§ **YOUR INSTRUCTIONS**
If a line in the entries below includes "none", show that line.

◆ ◆ ◆

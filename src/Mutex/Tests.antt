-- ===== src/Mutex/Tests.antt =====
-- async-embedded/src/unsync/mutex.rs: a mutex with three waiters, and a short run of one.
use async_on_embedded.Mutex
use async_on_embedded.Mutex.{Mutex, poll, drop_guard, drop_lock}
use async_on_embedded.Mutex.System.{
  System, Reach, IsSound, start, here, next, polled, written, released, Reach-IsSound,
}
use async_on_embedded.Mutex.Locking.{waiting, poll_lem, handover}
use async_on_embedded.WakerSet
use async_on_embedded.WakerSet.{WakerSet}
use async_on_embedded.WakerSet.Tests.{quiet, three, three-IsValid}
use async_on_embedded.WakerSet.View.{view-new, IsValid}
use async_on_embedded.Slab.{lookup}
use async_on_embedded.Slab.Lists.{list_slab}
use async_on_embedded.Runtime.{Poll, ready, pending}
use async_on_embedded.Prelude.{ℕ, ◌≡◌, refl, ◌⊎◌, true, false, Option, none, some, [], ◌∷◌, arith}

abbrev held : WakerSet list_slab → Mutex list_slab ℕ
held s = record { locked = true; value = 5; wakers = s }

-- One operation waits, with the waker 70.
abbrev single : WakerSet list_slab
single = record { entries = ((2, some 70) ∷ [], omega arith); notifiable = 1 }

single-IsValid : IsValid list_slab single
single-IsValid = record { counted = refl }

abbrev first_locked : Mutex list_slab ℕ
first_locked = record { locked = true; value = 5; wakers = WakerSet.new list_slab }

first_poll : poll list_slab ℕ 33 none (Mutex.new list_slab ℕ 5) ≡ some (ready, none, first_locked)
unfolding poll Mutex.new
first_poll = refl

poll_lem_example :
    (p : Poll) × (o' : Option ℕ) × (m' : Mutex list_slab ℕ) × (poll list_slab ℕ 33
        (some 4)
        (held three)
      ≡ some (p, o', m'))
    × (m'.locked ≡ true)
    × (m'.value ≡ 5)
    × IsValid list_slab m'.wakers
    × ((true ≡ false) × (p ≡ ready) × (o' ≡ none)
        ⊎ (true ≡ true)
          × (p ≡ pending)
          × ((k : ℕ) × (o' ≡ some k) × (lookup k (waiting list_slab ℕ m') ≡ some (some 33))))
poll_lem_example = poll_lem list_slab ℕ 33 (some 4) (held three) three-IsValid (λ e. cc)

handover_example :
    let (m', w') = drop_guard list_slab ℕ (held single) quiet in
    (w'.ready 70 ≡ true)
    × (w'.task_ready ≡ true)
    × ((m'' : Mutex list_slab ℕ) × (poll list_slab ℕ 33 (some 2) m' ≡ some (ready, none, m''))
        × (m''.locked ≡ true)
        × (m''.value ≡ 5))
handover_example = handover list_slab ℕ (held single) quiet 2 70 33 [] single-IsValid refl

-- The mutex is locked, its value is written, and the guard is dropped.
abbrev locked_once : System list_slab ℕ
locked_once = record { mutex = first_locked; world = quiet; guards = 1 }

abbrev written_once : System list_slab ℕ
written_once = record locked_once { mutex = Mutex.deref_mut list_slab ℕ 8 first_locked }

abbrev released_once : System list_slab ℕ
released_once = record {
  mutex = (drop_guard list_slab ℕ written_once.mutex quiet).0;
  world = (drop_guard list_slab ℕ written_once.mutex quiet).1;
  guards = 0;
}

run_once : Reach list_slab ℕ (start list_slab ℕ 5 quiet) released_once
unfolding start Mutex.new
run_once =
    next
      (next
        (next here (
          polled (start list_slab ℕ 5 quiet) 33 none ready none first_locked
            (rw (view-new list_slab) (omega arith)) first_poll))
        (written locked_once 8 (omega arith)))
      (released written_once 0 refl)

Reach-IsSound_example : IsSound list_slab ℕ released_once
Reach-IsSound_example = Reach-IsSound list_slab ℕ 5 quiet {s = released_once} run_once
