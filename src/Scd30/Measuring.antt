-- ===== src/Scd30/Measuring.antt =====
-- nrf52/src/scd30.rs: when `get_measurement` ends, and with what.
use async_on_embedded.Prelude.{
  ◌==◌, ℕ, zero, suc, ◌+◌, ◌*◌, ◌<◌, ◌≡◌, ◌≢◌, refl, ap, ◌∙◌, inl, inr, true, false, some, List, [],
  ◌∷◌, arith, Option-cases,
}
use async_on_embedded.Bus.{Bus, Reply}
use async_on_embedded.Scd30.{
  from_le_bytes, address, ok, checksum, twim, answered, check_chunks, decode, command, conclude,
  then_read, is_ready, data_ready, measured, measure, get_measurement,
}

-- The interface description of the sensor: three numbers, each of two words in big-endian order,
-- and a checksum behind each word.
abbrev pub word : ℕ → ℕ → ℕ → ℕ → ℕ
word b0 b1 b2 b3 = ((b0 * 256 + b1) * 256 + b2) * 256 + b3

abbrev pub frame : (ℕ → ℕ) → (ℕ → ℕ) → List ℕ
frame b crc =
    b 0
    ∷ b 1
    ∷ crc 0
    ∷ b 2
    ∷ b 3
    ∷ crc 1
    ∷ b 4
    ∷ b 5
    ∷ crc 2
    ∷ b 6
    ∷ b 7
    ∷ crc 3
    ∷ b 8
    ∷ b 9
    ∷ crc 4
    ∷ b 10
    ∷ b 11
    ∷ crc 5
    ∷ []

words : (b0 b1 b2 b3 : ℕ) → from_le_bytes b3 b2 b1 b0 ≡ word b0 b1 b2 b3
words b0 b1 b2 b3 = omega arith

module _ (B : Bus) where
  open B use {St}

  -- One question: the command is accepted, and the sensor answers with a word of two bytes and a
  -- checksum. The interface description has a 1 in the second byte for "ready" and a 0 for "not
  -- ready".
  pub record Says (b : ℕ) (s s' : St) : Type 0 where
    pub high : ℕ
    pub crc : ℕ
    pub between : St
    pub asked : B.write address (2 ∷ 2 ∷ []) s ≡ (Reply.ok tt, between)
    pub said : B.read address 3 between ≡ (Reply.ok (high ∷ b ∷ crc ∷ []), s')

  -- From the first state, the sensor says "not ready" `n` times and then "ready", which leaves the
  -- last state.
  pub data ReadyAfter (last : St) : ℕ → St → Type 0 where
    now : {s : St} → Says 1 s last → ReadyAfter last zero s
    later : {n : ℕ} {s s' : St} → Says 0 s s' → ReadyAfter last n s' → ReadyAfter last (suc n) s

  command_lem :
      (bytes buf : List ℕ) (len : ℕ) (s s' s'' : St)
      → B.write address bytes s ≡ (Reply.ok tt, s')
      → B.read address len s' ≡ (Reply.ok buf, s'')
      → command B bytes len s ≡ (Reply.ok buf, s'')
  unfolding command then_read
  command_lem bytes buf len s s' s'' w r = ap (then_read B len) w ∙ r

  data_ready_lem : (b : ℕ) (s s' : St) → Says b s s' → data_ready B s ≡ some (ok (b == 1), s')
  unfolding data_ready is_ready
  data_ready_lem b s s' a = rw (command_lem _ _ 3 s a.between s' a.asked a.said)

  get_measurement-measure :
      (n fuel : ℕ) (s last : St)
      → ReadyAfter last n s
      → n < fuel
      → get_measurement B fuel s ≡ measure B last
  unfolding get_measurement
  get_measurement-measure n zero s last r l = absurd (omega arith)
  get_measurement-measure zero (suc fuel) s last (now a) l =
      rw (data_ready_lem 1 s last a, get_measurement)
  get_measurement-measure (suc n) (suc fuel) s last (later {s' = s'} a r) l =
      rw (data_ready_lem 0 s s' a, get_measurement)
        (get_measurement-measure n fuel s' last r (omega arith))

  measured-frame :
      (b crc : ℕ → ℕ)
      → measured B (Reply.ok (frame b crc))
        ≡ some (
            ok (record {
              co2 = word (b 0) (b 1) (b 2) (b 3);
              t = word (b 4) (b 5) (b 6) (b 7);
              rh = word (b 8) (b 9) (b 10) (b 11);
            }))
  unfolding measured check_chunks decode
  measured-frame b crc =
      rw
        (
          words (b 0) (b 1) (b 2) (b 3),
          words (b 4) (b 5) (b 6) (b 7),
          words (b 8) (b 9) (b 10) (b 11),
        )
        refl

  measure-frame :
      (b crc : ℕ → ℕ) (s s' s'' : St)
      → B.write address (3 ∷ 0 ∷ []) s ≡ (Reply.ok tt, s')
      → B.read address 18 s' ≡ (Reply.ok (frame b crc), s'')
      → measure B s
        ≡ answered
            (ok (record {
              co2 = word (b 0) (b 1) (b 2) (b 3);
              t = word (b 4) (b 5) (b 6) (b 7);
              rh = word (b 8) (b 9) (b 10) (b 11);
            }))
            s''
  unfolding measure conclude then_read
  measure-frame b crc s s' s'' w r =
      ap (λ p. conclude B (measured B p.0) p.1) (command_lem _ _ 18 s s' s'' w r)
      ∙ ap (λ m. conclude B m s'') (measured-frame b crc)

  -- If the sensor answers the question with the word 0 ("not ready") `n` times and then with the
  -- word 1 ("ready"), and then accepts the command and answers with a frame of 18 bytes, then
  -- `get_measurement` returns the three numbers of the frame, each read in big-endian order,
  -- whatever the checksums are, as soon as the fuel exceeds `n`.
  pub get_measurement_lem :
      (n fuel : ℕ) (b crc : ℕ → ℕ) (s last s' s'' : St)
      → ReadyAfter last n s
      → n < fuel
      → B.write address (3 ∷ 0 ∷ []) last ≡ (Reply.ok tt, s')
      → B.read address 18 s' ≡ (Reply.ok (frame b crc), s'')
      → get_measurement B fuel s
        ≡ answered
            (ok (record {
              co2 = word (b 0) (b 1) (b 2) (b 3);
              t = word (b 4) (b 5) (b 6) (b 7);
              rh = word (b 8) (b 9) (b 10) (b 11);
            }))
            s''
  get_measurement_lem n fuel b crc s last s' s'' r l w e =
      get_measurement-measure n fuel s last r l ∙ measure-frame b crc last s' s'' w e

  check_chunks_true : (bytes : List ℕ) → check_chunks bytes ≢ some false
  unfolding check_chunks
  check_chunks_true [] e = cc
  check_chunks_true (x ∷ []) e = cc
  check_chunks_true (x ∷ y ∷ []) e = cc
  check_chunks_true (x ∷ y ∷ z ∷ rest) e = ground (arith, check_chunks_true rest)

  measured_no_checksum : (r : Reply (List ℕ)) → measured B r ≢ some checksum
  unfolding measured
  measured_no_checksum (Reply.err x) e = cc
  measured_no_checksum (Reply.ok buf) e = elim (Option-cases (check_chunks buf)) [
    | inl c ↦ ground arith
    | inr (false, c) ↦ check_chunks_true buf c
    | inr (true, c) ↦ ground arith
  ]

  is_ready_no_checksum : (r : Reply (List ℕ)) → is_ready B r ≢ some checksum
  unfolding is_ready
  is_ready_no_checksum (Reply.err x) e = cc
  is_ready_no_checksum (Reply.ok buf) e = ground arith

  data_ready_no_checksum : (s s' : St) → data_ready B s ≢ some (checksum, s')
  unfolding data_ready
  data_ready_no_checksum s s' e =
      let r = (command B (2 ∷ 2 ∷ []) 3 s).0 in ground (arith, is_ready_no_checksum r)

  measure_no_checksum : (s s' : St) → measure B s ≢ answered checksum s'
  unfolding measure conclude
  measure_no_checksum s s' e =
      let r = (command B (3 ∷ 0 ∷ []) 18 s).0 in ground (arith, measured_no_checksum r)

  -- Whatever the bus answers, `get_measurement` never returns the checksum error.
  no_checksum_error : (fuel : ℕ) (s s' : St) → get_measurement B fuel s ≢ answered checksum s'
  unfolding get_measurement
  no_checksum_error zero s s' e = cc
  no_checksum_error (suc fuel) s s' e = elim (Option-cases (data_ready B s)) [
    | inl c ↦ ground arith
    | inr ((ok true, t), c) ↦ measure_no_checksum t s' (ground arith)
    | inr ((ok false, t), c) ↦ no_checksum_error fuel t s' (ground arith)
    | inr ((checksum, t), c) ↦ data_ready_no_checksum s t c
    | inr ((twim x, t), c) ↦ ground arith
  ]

◆ ◆ ◆

§ **THE ANSWER**
use async_on_embedded.Prelude.{ℕ, ◌≡◌, refl, ◌⊎◌, true, false, Option, none, some, [], ◌∷◌, arith}
first_poll : poll list_slab ℕ 33 none (Mutex.new list_slab ℕ 5) ≡ some (ready, none, first_locked)
    × ((true ≡ false) × (p ≡ ready) × (o' ≡ none)
    × ((m'' : Mutex list_slab ℕ) × (poll list_slab ℕ 33 (some 2) m' ≡ some (ready, none, m''))
          polled (start list_slab ℕ 5 quiet) 33 none ready none first_locked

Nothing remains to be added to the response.